[Collected data entries]

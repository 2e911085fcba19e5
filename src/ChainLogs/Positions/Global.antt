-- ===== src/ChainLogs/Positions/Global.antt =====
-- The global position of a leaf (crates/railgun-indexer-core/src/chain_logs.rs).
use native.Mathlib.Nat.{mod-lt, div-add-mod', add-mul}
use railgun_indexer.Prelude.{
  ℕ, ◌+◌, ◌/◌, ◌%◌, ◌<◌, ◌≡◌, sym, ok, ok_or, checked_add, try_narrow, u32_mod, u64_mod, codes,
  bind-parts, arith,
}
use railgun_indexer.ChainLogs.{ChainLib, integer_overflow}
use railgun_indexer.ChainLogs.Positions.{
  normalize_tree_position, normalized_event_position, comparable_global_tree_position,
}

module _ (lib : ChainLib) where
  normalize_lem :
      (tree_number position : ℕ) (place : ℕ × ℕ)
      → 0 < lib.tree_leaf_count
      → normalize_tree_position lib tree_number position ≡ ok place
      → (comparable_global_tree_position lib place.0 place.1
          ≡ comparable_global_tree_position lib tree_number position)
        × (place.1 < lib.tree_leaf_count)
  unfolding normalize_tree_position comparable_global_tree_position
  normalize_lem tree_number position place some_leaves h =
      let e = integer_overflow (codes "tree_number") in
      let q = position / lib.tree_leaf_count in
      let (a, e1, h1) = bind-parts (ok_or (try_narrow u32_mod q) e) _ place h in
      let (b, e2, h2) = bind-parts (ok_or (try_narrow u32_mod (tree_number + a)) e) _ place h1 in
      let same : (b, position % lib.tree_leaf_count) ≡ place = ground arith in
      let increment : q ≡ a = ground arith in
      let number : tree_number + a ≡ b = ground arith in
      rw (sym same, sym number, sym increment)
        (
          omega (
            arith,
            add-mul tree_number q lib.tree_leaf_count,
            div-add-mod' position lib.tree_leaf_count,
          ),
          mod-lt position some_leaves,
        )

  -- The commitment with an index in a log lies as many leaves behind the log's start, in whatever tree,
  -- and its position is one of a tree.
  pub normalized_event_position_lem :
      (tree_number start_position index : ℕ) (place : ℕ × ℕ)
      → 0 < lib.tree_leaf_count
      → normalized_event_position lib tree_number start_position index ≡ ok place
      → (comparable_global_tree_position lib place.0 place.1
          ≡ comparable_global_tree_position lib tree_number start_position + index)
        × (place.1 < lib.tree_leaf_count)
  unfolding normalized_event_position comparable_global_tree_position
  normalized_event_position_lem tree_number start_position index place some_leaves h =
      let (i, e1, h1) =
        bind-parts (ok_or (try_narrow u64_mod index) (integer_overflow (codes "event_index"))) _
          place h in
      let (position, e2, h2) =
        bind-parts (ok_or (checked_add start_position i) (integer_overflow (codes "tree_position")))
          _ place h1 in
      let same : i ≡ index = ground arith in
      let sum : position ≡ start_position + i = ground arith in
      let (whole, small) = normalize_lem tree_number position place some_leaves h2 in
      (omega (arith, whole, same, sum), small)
--
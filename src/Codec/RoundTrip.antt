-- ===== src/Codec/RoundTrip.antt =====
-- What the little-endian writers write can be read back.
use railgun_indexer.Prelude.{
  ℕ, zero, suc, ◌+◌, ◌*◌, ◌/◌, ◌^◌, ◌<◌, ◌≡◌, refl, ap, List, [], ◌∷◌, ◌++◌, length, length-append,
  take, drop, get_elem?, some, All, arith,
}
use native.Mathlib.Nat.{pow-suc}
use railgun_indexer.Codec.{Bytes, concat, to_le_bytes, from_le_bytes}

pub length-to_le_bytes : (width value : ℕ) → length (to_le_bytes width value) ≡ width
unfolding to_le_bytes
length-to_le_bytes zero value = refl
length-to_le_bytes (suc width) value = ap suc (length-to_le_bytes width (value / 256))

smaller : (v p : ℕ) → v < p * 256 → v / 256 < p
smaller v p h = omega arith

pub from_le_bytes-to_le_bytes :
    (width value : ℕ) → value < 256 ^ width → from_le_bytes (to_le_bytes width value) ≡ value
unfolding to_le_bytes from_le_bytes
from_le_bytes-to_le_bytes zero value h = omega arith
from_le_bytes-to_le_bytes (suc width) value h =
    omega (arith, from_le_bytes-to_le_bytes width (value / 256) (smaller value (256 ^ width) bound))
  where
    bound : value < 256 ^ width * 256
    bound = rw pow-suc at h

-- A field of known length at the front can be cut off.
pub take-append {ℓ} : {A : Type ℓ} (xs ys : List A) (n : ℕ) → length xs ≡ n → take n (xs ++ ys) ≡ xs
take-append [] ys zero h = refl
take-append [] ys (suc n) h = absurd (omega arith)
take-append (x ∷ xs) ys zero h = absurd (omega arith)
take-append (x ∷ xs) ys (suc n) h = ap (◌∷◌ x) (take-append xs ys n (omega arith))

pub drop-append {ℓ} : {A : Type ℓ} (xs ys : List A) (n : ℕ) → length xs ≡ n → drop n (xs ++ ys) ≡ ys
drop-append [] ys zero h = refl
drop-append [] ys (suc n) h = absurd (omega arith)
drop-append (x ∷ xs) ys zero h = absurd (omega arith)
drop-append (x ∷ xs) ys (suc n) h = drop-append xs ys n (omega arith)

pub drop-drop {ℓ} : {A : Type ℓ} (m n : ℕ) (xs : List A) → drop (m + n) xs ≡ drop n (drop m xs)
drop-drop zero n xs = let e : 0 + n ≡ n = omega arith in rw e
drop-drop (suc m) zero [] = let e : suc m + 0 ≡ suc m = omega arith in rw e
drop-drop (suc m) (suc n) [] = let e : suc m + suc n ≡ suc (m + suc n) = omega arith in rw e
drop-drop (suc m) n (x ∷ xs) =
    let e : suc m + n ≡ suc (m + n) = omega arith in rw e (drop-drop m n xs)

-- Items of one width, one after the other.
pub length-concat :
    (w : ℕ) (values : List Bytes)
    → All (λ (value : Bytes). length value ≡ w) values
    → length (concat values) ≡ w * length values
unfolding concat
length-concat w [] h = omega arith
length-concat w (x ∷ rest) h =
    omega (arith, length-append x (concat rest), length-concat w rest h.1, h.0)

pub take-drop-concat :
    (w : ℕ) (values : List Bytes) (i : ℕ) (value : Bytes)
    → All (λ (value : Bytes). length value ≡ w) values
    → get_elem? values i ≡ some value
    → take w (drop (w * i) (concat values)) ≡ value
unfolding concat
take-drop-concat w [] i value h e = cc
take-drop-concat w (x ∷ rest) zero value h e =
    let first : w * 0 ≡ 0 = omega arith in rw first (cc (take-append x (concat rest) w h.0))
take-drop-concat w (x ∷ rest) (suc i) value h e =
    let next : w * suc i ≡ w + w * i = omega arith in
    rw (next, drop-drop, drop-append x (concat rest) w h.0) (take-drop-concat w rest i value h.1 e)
* * *
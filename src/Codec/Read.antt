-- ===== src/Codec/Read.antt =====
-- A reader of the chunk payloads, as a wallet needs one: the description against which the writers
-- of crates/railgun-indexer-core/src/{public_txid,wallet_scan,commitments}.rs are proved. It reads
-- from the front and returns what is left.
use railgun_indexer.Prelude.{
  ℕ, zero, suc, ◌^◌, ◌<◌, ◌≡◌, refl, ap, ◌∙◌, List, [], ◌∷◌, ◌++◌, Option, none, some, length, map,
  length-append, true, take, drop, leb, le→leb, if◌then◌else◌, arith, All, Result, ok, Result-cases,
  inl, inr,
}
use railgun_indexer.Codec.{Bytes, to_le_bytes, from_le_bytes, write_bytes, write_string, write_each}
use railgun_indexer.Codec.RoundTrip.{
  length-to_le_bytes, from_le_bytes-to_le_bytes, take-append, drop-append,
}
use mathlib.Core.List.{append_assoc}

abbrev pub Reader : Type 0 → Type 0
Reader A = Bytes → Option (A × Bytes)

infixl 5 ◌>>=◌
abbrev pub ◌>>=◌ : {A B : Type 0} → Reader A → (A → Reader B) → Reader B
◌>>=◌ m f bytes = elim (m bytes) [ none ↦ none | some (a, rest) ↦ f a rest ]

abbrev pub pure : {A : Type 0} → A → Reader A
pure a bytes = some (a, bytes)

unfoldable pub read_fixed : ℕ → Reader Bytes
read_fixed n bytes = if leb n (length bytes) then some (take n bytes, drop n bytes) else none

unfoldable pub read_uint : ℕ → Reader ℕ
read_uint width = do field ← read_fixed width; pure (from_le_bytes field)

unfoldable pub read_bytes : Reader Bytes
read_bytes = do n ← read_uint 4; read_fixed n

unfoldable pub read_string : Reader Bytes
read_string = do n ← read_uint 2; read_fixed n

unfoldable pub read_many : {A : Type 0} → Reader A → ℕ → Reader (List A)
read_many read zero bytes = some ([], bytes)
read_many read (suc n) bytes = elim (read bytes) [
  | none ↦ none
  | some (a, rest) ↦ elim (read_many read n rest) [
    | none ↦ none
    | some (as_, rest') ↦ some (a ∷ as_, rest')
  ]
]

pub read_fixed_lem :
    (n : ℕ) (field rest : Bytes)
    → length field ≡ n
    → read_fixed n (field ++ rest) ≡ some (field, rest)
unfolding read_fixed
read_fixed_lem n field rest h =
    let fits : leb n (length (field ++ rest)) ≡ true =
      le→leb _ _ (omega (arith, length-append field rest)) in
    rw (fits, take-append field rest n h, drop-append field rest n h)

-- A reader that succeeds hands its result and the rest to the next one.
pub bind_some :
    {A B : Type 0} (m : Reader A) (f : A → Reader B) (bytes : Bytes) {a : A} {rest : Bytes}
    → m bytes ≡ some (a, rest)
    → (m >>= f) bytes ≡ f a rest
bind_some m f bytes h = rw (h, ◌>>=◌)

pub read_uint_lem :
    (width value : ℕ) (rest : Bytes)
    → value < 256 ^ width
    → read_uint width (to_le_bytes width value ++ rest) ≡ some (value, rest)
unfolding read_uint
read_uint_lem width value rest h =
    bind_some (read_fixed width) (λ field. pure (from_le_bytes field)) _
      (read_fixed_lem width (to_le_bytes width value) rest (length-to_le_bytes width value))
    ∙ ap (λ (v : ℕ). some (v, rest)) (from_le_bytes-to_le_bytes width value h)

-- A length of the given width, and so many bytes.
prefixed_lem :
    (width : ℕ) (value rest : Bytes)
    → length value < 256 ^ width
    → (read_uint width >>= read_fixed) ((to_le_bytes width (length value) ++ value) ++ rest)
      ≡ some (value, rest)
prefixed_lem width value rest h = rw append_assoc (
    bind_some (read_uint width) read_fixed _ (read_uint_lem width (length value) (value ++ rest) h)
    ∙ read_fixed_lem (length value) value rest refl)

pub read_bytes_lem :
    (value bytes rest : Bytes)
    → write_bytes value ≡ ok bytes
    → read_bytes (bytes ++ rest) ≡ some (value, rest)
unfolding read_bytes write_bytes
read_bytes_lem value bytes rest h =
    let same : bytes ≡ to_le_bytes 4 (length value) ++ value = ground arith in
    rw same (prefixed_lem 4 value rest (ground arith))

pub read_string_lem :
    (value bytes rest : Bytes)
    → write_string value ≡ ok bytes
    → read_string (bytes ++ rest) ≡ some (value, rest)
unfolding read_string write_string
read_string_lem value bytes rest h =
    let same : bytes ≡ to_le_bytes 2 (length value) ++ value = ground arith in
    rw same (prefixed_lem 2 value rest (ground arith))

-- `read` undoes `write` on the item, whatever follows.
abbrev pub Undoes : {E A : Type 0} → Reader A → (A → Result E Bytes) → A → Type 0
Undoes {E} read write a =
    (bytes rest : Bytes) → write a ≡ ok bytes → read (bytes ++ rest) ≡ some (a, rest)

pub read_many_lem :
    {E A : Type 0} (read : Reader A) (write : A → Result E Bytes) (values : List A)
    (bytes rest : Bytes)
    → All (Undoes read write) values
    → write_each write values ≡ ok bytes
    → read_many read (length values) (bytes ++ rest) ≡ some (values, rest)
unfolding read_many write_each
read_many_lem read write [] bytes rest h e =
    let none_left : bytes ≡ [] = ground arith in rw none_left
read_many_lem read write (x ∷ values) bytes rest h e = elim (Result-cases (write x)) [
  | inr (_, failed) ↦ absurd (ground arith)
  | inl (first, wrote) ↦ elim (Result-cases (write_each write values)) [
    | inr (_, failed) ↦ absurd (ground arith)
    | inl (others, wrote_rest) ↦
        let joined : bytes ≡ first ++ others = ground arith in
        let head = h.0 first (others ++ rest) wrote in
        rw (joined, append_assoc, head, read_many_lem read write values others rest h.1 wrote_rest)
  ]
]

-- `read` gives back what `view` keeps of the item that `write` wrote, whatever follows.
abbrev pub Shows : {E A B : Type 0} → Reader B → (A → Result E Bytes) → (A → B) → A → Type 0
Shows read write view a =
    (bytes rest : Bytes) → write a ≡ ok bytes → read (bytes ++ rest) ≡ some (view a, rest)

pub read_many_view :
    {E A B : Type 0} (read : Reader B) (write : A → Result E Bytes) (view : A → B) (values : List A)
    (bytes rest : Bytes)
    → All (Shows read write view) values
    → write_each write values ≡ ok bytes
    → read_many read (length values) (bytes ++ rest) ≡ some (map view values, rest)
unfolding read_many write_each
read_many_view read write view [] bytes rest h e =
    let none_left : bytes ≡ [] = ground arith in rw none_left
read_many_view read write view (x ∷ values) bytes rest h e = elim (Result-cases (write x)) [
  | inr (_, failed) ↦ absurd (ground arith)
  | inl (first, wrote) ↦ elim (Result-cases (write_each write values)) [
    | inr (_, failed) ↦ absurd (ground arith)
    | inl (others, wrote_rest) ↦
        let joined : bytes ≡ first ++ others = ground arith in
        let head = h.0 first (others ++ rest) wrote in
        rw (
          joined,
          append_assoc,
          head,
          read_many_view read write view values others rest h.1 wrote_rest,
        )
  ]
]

Prompt:
From the data above, output only the lines between the line containing "rest) ↦ elim" and the line containing "prefixed_lem width value", inclusive, exactly as written.

Your solution:
  | some (a, rest) ↦ elim (read_many read n rest) [
    | none ↦ none
    | some (as_, rest') ↦ some (a ∷ as_, rest')
  ]
]

pub read_fixed_lem :
    (n : ℕ) (field rest : Bytes)
    → length field ≡ n
    → read_fixed n (field ++ rest) ≡ some (field, rest)
unfolding read_fixed
read_fixed_lem n field rest h =
    let fits : leb n (length (field ++ rest)) ≡ true =
      le→leb _ _ (omega (arith, length-append field rest)) in
    rw (fits, take-append field rest n h, drop-append field rest n h)

-- A reader that succeeds hands its result and the rest to the next one.
pub bind_some :
    {A B : Type 0} (m : Reader A) (f : A → Reader B) (bytes : Bytes) {a : A} {rest : Bytes}
    → m bytes ≡ some (a, rest)
    → (m >>= f) bytes ≡ f a rest
bind_some m f bytes h = rw (h, ◌>>=◌)

pub read_uint_lem :
    (width value : ℕ) (rest : Bytes)
    → value < 256 ^ width
    → read_uint width (to_le_bytes width value ++ rest) ≡ some (value, rest)
unfolding read_uint
read_uint_lem width value rest h =
    bind_some (read_fixed width) (λ field. pure (from_le_bytes field)) _
      (read_fixed_lem width (to_le_bytes width value) rest (length-to_le_bytes width value))
    ∙ ap (λ (v : ℕ). some (v, rest)) (from_le_bytes-to_le_bytes width value h)

-- A length of the given width, and so many bytes.
prefixed_lem :
    (width : ℕ) (value rest : Bytes)
    → length value < 256 ^ width
    → (read_uint width >>= read_fixed) ((to_le_bytes width (length value) ++ value) ++ rest)
      ≡ some (value, rest)
prefixed_lem width value rest h = rw append_assoc (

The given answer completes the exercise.